[SUPPLIED DATA]

-- ===== src/Agent/Config.antt =====
-- src/agent/server.rs, `set_all_config`: the command line for an item, and the values of the protocol
-- as texts. A number is kept as the text that it is printed as.
use pulumi_rs_kube_operator.Base.{
  Bool, true, false, Option, none, some, List, [], ◌∷◌, ◌++◌, map, Result, Text, text,
}
use pulumi_rs_kube_operator.Core.Lock.{Status}
use pulumi_rs_kube_operator.Controllers.Secret.{join_with}
use pulumi_rs_kube_operator.Agent.Command.{Args, flag_arg}
use pulumi_rs_kube_operator.Agent.Server.{Output, run_each}

mutual
  -- `google.protobuf.Value`
  pub data Value : Type 0 where
    no_kind null_value : Value
    number_value string_value : Text → Value
    bool_value : Bool → Value
    struct_value : Fields → Value
    list_value : Values → Value

  pub data Fields : Type 0 where
    no_field : Fields
    add_field : Text → Value → Fields → Fields

  pub data Values : Type 0 where
    no_value : Values
    add_value : Value → Values → Values

abbrev pub bool_text : Bool → Text
bool_text true = text "true"
bool_text false = text "false"

unfoldable mutual
  pub prost_value_to_json_string : Value → Text
  prost_value_to_json_string no_kind = text "null"
  prost_value_to_json_string null_value = text "null"
  prost_value_to_json_string (number_value n) = n
  prost_value_to_json_string (string_value s) = s
  prost_value_to_json_string (bool_value b) = bool_text b
  prost_value_to_json_string (struct_value fs) =
      text "{" ++ join_with (text ",") (field_texts fs) ++ text "}"
  prost_value_to_json_string (list_value vs) =
      text "[" ++ join_with (text ",") (value_texts vs) ++ text "]"

  pub field_texts : Fields → List Text
  field_texts no_field = []
  field_texts (add_field k v fs) =
      (text "\"" ++ k ++ text "\":" ++ prost_value_to_json_string v) ∷ field_texts fs

  pub value_texts : Values → List Text
  value_texts no_value = []
  value_texts (add_value v vs) = prost_value_to_json_string v ∷ value_texts vs

-- What an item sets; a reference is left to the init container.
pub data ItemValue : Type 0 where
  value : Value → ItemValue
  value_from : ItemValue

pub record Item : Type 0 where
  pub key : Text
  pub path : Option Bool
  pub v : Option ItemValue
  pub secret : Option Bool

unfoldable pub value_arg : Option ItemValue → Args
unfolding prost_value_to_json_string
value_arg none = []
value_arg (some value_from) = []
value_arg (some (value no_kind)) = []
value_arg (some (value null_value)) = prost_value_to_json_string null_value ∷ []
value_arg (some (value (number_value n))) = n ∷ []
value_arg (some (value (string_value s))) = s ∷ []
value_arg (some (value (bool_value b))) = bool_text b ∷ []
value_arg (some (value (struct_value fs))) = prost_value_to_json_string (struct_value fs) ∷ []
value_arg (some (value (list_value vs))) = prost_value_to_json_string (list_value vs) ∷ []

unfoldable pub set_config_args : Item → Args
unfolding flag_arg value_arg
set_config_args item =
    (text "config" ∷ text "set" ∷ [])
    ++ flag_arg (text "--secret") item.secret
    ++ flag_arg (text "--path") item.path
    ++ (item.key ∷ [])
    ++ value_arg item.v

-- The items are set one by one, up to the first that fails.
unfoldable pub serve_set_all_config : (run : Args → Output) → List Item → Result Status (Unit {0})
unfolding run_each set_config_args
serve_set_all_config run items = run_each run (map set_config_args items)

[/SUPPLIED DATA]

__DIRECTIONS FOR THIS TASK__.
Print exactly the lines above, between the one holding "value_texts (add_value v" and the one holding "pub v : Option ItemValue", inclusive, and nothing besides.

__TASK ANSWER__.
  value_texts (add_value v vs) = prost_value_to_json_string v ∷ value_texts vs

-- What an item sets; a reference is left to the init container.
pub data ItemValue : Type 0 where
  value : Value → ItemValue
  value_from : ItemValue

pub record Item : Type 0 where
  pub key : Text
  pub path : Option Bool
  pub v : Option ItemValue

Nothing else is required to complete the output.